Sarker Proshenjit, Tiang Jun-Jiat, Nahid Abdullah-Al
Electronics and Communication Engineering Discipline, Khulna University, Khulna 9208, Bangladesh.
Centre for Wireless Technology, CoE for Intelligent Network, Faculty of Artificial Intelligence & Engineering, Multimedia University, Persiaran Multimedia, Cyberjaya 63100, Selangor, Malaysia.
Sensors (Basel). 2025 Sep 3;25(17):5489. doi: 10.3390/s25175489.

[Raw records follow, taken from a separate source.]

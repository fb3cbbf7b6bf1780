-- ===== src/Lifecycle/Calls.antt =====
-- The calls that a pass makes outside the table: the DELETE requests to Graph and the mails.
use share_sentinel.Prelude.{
  ℕ, ◌+◌, ◌*◌, ◌≤◌, ◌≡◌, refl, ◌∙◌, true, false, Bool-cases, inl, inr, Option, List, [], ◌∷◌, ◌++◌,
  All, filter, arith, leb, if◌then◌else◌,
}
use share_sentinel.Lifecycle.Row.{active, Column, Row}
use share_sentinel.Lifecycle.Processor.{
  Milestone, milestones, Config, Environment, Email, World, Stats, Removal, removed, failed, is_due,
  insert_by_created, order_by_created, fetch_due_rows, finish_notification, notify,
  process_notification, send_removal_notice, finish_removal, process_removal, process_row,
  count_row, process_rows, is_skipped, process_milestone, process_milestones,
  process_lifecycle_milestones, seconds_per_day,
}

module _ (P : Row → Type 0) where
  All-append : (xs ys : List Row) → All P xs → All P ys → All P (xs ++ ys)
  All-append [] ys p q = q
  All-append (x ∷ xs) ys p q = (p.0, All-append xs ys p.1 q)

  All-insert : (r : Row) (xs : List Row) → P r → All P xs → All P (insert_by_created r xs)
  unfolding insert_by_created
  All-insert r [] p q = (p, tt)
  All-insert r (x ∷ xs) p q = ground (arith, All-insert r xs p q.1)

  All-order : (xs : List Row) → All P xs → All P (order_by_created xs)
  unfolding order_by_created
  All-order [] q = tt
  All-order (x ∷ xs) q = All-insert x (order_by_created xs) q.0 (All-order xs q.1)

All-due :
    (now : ℕ) (m : Milestone) (t : List Row)
    → All (λ r. is_due now m r ≡ true) (filter (is_due now m) t)
All-due now m [] = tt
All-due now m (r ∷ t) = elim (Bool-cases (is_due now m r)) [
  | inl due ↦ rw due (due, All-due now m t)
  | inr not_due ↦ rw not_due (All-due now m t)
]

module _ (e : Environment) (cfg : Config) where
  deletions-finish_removal :
      (m : Milestone) (r : Row) (w : World) (x : Removal)
      → (finish_removal e cfg m r w x).0.deletions ≡ w.deletions
  unfolding finish_removal send_removal_notice
  deletions-finish_removal m r w (removed success) = ground arith
  deletions-finish_removal m r w (failed message) = refl

  deletions-notify :
      (m : Milestone) (r : Row) (w : World) (a : Option _)
      → (notify e cfg m r w a).0.deletions ≡ w.deletions
  unfolding notify finish_notification
  deletions-notify m r w a = ground arith

  -- A handler asks for the deletion of its row, or of none.
  deletions-process_row :
      (m : Milestone) (r : Row) (w : World)
      → (process_row e cfg m r w).0.deletions
        ≡ (if leb cfg.max_days m.days then w.deletions ++ r ∷ [] else w.deletions)
  unfolding process_row process_removal process_notification
  deletions-process_row m r w = elim (Bool-cases (leb cfg.max_days m.days)) [
    | inl removal ↦ rw removal (deletions-finish_removal m r _ _)
    | inr countdown ↦ rw countdown (deletions-notify m r w _)
  ]

  module _ (t : ℕ) (clock : (c : Column) → e.now c ≤ t) where
    -- The row was active, and at least `max_days` days old.
    abbrev pub IsOverdue : Row → Type 0
    IsOverdue r = (r.status ≡ active) × (r.link_created_at + cfg.max_days * seconds_per_day ≤ t)

    process_row-IsOverdue :
        (m : Milestone) (r : Row) (w : World)
        → is_due (e.now m.column) m r ≡ true
        → All IsOverdue w.deletions
        → All IsOverdue (process_row e cfg m r w).0.deletions
    unfolding is_due
    process_row-IsOverdue m r w due h = elim (Bool-cases (leb cfg.max_days m.days)) [
      | inl removal ↦
          rw (deletions-process_row m r w, removal)
            (All-append _ w.deletions _ h
              ((ground (arith, clock m.column), ground (arith, clock m.column)), tt))
      | inr countdown ↦ rw (deletions-process_row m r w, countdown) h
    ]

    process_rows-IsOverdue :
        (m : Milestone) (rs : List Row) (w : World) (s : Stats)
        → All (λ r. is_due (e.now m.column) m r ≡ true) rs
        → All IsOverdue w.deletions
        → All IsOverdue (process_rows e cfg m rs (w, s)).0.deletions
    unfolding process_rows
    process_rows-IsOverdue m [] w s d h = h
    process_rows-IsOverdue m (r ∷ rs) w s d h =
        process_rows-IsOverdue m rs _ _ d.1 (process_row-IsOverdue m r w d.0 h)

    process_milestone-IsOverdue :
        (m : Milestone) (w : World) (s : Stats)
        → All IsOverdue w.deletions
        → All IsOverdue (process_milestone e cfg m (w, s)).0.deletions
    unfolding process_milestone fetch_due_rows
    process_milestone-IsOverdue m w s h = elim (Bool-cases (is_skipped e cfg m)) [
      | inl skip ↦ rw (skip, process_milestone) h
      | inr run ↦
          rw (run, process_milestone)
            (process_rows-IsOverdue m _ w s (All-order _ _ (All-due _ m w.table)) h)
    ]

    process_milestones-IsOverdue :
        (ms : List Milestone) (w : World) (s : Stats)
        → All IsOverdue w.deletions
        → All IsOverdue (process_milestones e cfg ms (w, s)).0.deletions
    unfolding process_milestones
    process_milestones-IsOverdue [] w s h = h
    process_milestones-IsOverdue (m ∷ ms) w s h =
        process_milestones-IsOverdue ms _ _ (process_milestone-IsOverdue m w s h)

  module _ (disabled : cfg.lifecycle_notifications_enabled ≡ false) (mails : List Email) where
    -- No mail beyond `mails`, and the two counters agree.
    abbrev IsSilent : World × Stats → Type 0
    IsSilent (w, s) = (w.emails ≡ mails) × (s.notifications_sent ≡ s.links_removed)

    emails-finish_removal :
        (m : Milestone) (r : Row) (w : World) (x : Removal)
        → (finish_removal e cfg m r w x).0.emails ≡ w.emails
    unfolding finish_removal send_removal_notice
    emails-finish_removal m r w (removed success) = ground arith
    emails-finish_removal m r w (failed message) = refl

    emails-process_row :
        (m : Milestone) (r : Row) (w : World)
        → leb cfg.max_days m.days ≡ true
        → (process_row e cfg m r w).0.emails ≡ w.emails
    unfolding process_row process_removal
    emails-process_row m r w h = rw h (emails-finish_removal m r _ _)

    process_rows-IsSilent :
        (m : Milestone) (rs : List Row) (w : World) (s : Stats)
        → leb cfg.max_days m.days ≡ true
        → IsSilent (w, s)
        → IsSilent (process_rows e cfg m rs (w, s))
    unfolding process_rows count_row
    process_rows-IsSilent m [] w s h q = q
    process_rows-IsSilent m (r ∷ rs) w s h q =
        let (w', done) = process_row e cfg m r w in
        process_rows-IsSilent m rs w' (count_row e cfg m done s) h
          (emails-process_row m r w h ∙ q.0, ground (arith, Bool-cases done))

    process_milestone-IsSilent :
        (m : Milestone) (w : World) (s : Stats)
        → IsSilent (w, s)
        → IsSilent (process_milestone e cfg m (w, s))
    unfolding process_milestone is_skipped
    process_milestone-IsSilent m w s q =
        ground (arith, process_rows-IsSilent m (fetch_due_rows (e.now m.column) m w.table) w s)

    process_milestones-IsSilent :
        (ms : List Milestone) (w : World) (s : Stats)
        → IsSilent (w, s)
        → IsSilent (process_milestones e cfg ms (w, s))
    unfolding process_milestones
    process_milestones-IsSilent [] w s q = q
    process_milestones-IsSilent (m ∷ ms) w s q =
        process_milestones-IsSilent ms _ _ (process_milestone-IsSilent m w s q)

-- If the clock of the pass never passes `t`, every DELETE that the pass sends to Graph is for a
-- row that was active and at least `max_days` days old at `t`, whatever the table holds.
pub deletions_overdue :
    (e : Environment) (cfg : Config) (w : World) (t : ℕ)
    → ((c : Column) → e.now c ≤ t)
    → w.deletions ≡ []
    → All
        (λ r. (r.status ≡ active) × (r.link_created_at + cfg.max_days * seconds_per_day ≤ t))
        (process_lifecycle_milestones e cfg w).0.deletions
unfolding process_lifecycle_milestones
deletions_overdue e cfg w t clock h =
    process_milestones-IsOverdue e cfg t clock milestones w _ (rw h tt)

-- With owner notifications disabled a pass sends no mail at all, and yet reports as many
-- notifications sent as links removed.
pub disabled_pass :
    (e : Environment) (cfg : Config) (w : World)
    → cfg.lifecycle_notifications_enabled ≡ false
    → let (w', s) = process_lifecycle_milestones e cfg w in
      (w'.emails ≡ w.emails) × (s.notifications_sent ≡ s.links_removed)
unfolding process_lifecycle_milestones
disabled_pass e cfg w h = process_milestones-IsSilent e cfg h w.emails milestones w _ (refl, refl)
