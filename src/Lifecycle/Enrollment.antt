-- ===== src/Lifecycle/Enrollment.antt =====
-- services/worker/app/lifecycle/enrollment.py: a row for every broad sharing link of an event.
-- `from_isoformat` stands for `datetime.fromisoformat` on the text with "Z" put as "+00:00";
-- `profile` for the mail that the later query joins to a user.
use share_sentinel.Prelude.{
  ℕ, suc, String, Bool, true, false, ◌&&◌, Option, none, some, List, [], ◌∷◌, ◌++◌, Codes, codes,
  same_codes, map, any, ◌==◌, if◌then◌else◌,
}
use share_sentinel.Graph.{
  Field, missing, null, value, Link, Permission, link_of, lower_or, is_broad, id_of,
}
use share_sentinel.Lifecycle.Row.{Status, active, ms_managed, Column, Row, Table}

-- `event_time`: None or empty, a time, or ISO text.
pub data EventTime : Type 0 where
  absent : EventTime
  time : ℕ → EventTime
  iso : Codes → EventTime

-- The arguments of `enroll_sharing_links` besides the permissions and the time.
pub record Event : Type 0 where
  pub event_id : String
  pub user_id : String
  pub drive_id : String
  pub item_id : String
  pub file_name : String

-- The table and its id sequence.
pub record Store : Type 0 where
  pub table : Table
  pub next_id : ℕ

-- `_MS_SENTINEL_DATE`
abbrev ms_sentinel_date : Codes
ms_sentinel_date = codes "0001-01-01T00:00:00Z"

unfoldable pub is_empty : Codes → Bool
is_empty [] = true
is_empty _ = false

abbrev status_for : Option ℕ → Status
status_for none = active
status_for (some _) = ms_managed

unfoldable pub has_key : String → String → Row → Bool
has_key event_id permission_id r = r.event_id == event_id && r.permission_id == permission_id

-- `INSERT … ON CONFLICT (event_id, permission_id) DO NOTHING`, with whether a row went in. The
-- sequence moves on in either case.
unfoldable pub insert_row : Row → Store → Store × Bool
unfolding has_key
insert_row r s =
    if any (has_key r.event_id r.permission_id) s.table
    then (record s { next_id = suc s.next_id }, false)
    else (
      record { table = s.table ++ record r { id = s.next_id } ∷ []; next_id = suc s.next_id },
      true,
    )

-- What the loop does with one permission: passes over it, raises on a null where it wants a
-- text, or inserts a row.
pub data Step : Type 0 where
  skip raise : Step
  enroll : Row → Step

-- `link.get("webUrl", "")`; a null goes into the column as it is, shown here as "".
abbrev url_of : Field String → String
url_of missing = ""
url_of null = ""
url_of (value u) = u

-- The loop over the permissions, with the rows enrolled so far; `none` is an exception, which
-- leaves what was inserted in the table.
unfoldable pub enroll_loop : List Step → Store → ℕ → Store × Option ℕ
unfolding insert_row
enroll_loop [] s n = (s, some n)
enroll_loop (skip ∷ ps) s n = enroll_loop ps s n
enroll_loop (raise ∷ ps) s n = (s, none)
enroll_loop (enroll r ∷ ps) s n =
    let (s', inserted) = insert_row r s in enroll_loop ps s' (if inserted then suc n else n)

module _ (from_isoformat : Codes → Option ℕ) (profile : String → Option String) where
  unfoldable pub parse_ms_expiration : Field Codes → Option ℕ
  unfolding is_empty
  parse_ms_expiration missing = none
  parse_ms_expiration null = none
  parse_ms_expiration (value v) =
      if is_empty v then none else if same_codes v ms_sentinel_date then none else from_isoformat v

  -- The values of the INSERT; the id is the sequence's to give.
  unfoldable pub new_row : Event → ℕ → String → Codes → Codes → String → Option ℕ → Row
  new_row ev event_time permission_id scope link_type link_url expiration = record {
    id = 0;
    event_id = ev.event_id;
    permission_id = permission_id;
    drive_id = ev.drive_id;
    item_id = ev.item_id;
    user_id = ev.user_id;
    file_name = ev.file_name;
    sharing_scope = scope;
    sharing_type = link_type;
    link_url = link_url;
    link_created_at = event_time;
    ms_expiration_at = expiration;
    status = status_for expiration;
    notified = λ (_ : Column). none;
    removal_attempts = none;
    removal_attempted_at = none;
    removal_succeeded = none;
    removal_error = none;
    mail = profile ev.user_id;
  }

  unfoldable pub enroll_link : Event → ℕ → Permission → Link → Codes → Step
  unfolding new_row parse_ms_expiration
  enroll_link ev event_time p l scope = elim (id_of p) [
    | none ↦ skip
    | some permission_id ↦ elim (lower_or (codes "view") l.link_type) [
      | none ↦ raise
      | some link_type ↦ enroll (
          new_row ev event_time permission_id scope link_type (url_of l.web_url)
            (parse_ms_expiration p.expiration))
    ]
  ]

  unfoldable pub enroll_step : Event → ℕ → Permission → Step
  unfolding enroll_link
  enroll_step ev event_time p = elim (link_of p) [
    | none ↦ skip
    | some l ↦ elim (lower_or [] l.scope) [
      | none ↦ raise
      | some scope ↦ if is_broad scope then enroll_link ev event_time p l scope else skip
    ]
  ]

  unfoldable pub enroll_all : Event → ℕ → List Permission → Store → Store × Option ℕ
  unfolding enroll_loop enroll_step
  enroll_all ev event_time ps s = enroll_loop (map (enroll_step ev event_time) ps) s 0

  -- With the time that the ISO text gives; `fromisoformat` raises on any other text.
  unfoldable pub enroll_at : Event → List Permission → Store → Option ℕ → Store × Option ℕ
  enroll_at ev ps s none = (s, none)
  enroll_at ev ps s (some t) = enroll_all ev t ps s

  -- `enroll_sharing_links`
  unfoldable pub enroll_sharing_links :
      Event → EventTime → List Permission → Store → Store × Option ℕ
  enroll_sharing_links ev absent ps s = (s, some 0)
  enroll_sharing_links ev (time t) ps s = enroll_all ev t ps s
  enroll_sharing_links ev (iso text) ps s =
      if is_empty text then (s, some 0) else enroll_at ev ps s (from_isoformat text)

Gallstone disease affects approximately 10-20% of the global adult population, with early diagnosis being essential for effective treatment and management. While image-based machine learning (ML) models have shown high accuracy in gallstone detection, tabular data approaches remain less explored. In this study, we have proposed a Random Forest (RF) classifier optimized using the Sand Cat Swarm Optimization (SCSO) algorithm for gallstone prediction based on a tabular dataset. Our experiments have been conducted across four frameworks: only RF without cross-validation (CV), RF with CV, RF-SCSO without CV, and RF-SCSO with CV. Only RF without CV model has achieved 81.25%, 79.07%, 85%, and 73.91% accuracy, F-score, precision, and recall, respectively, using all 38 features, while the RF with CV has obtained a 10-fold cross-validation accuracy of 78.42% using the same feature set. With SCSO-based feature reduction, the RF-SCSO without and with CV models have delivered a comparable accuracy of 79.17% and 78.32%, respectively, using only 13 features, indicating effective dimensionality reduction. SHAP analysis has identified CRP, Vitamin D, and AAST as the most influential features, and DiCE has further illustrated the model's behavior by highlighting corrective counterfactuals for misclassified instances. These findings demonstrate the potential of interpretable, feature-optimized ML models for gallstone diagnosis using structured clinical data.
胆结石疾病影响着全球约10%-20%的成年人口,早期诊断对于有效治疗和管理至关重要。虽然基于图像的机器学习(ML)模型在胆结石检测中已显示出高精度,但表格数据方法的探索仍较少。在本研究中,我们提出了一种基于表格数据集,使用沙猫群优化(SCSO)算法优化的随机森林(RF)分类器用于胆结石预测。我们在四个框架下进行了实验:仅使用无交叉验证(CV)的RF、带CV的RF、无CV的RF-SCSO和带CV的RF-SCSO。仅使用无CV模型,在使用所有38个特征时,准确率、F值、精确率和召回率分别达到了81.25%、79.07%、85%和73.91%,而带CV的RF使用相同特征集获得了10倍交叉验证准确率78.42%。通过基于SCSO的特征约简,无CV和带CV的RF-SCSO模型仅使用13个特征时分别实现了79.17%和78.32%的可比准确率,表明有效降维。SHAP分析确定了CRP、维生素D和AAST为最具影响力的特征,DiCE通过突出误分类实例的纠正反事实进一步说明了模型的行为。这些发现证明了使用结构化临床数据的可解释、特征优化的ML模型在胆结石诊断中的潜力。